▸ **Task instructions**: For the entries below, say how many lines hold the word "cons", with the number as the only reply.

▸ **Collected data**:
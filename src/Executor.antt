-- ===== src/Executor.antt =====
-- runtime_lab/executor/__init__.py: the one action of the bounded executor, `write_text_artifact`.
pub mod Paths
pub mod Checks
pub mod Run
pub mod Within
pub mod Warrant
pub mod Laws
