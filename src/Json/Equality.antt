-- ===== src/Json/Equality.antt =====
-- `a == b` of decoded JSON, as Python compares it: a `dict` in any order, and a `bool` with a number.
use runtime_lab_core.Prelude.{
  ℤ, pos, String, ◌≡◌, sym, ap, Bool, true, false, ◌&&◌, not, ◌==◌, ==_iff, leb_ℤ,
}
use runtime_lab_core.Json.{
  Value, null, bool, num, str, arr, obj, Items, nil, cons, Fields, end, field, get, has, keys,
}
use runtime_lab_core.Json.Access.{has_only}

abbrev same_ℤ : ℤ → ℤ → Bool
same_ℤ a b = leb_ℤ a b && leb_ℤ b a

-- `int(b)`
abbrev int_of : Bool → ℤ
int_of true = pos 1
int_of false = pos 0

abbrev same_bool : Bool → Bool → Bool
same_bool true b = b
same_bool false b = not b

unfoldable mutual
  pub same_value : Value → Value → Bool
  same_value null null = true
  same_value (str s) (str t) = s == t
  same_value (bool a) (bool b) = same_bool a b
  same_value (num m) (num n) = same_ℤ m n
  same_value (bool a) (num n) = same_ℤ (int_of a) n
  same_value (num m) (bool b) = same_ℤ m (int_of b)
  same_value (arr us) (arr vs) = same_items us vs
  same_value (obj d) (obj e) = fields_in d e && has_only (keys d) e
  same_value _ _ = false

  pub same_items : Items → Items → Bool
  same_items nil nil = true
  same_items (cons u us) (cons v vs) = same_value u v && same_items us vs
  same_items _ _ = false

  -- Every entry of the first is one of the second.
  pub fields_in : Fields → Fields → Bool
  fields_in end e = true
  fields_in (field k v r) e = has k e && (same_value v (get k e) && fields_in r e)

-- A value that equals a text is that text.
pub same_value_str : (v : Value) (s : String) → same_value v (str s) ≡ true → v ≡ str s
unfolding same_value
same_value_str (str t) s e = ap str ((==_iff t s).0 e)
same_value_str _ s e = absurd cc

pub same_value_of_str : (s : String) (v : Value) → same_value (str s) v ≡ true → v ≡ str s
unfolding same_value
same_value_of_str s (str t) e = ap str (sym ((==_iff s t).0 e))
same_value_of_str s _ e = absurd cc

▸ **Expected output**: 2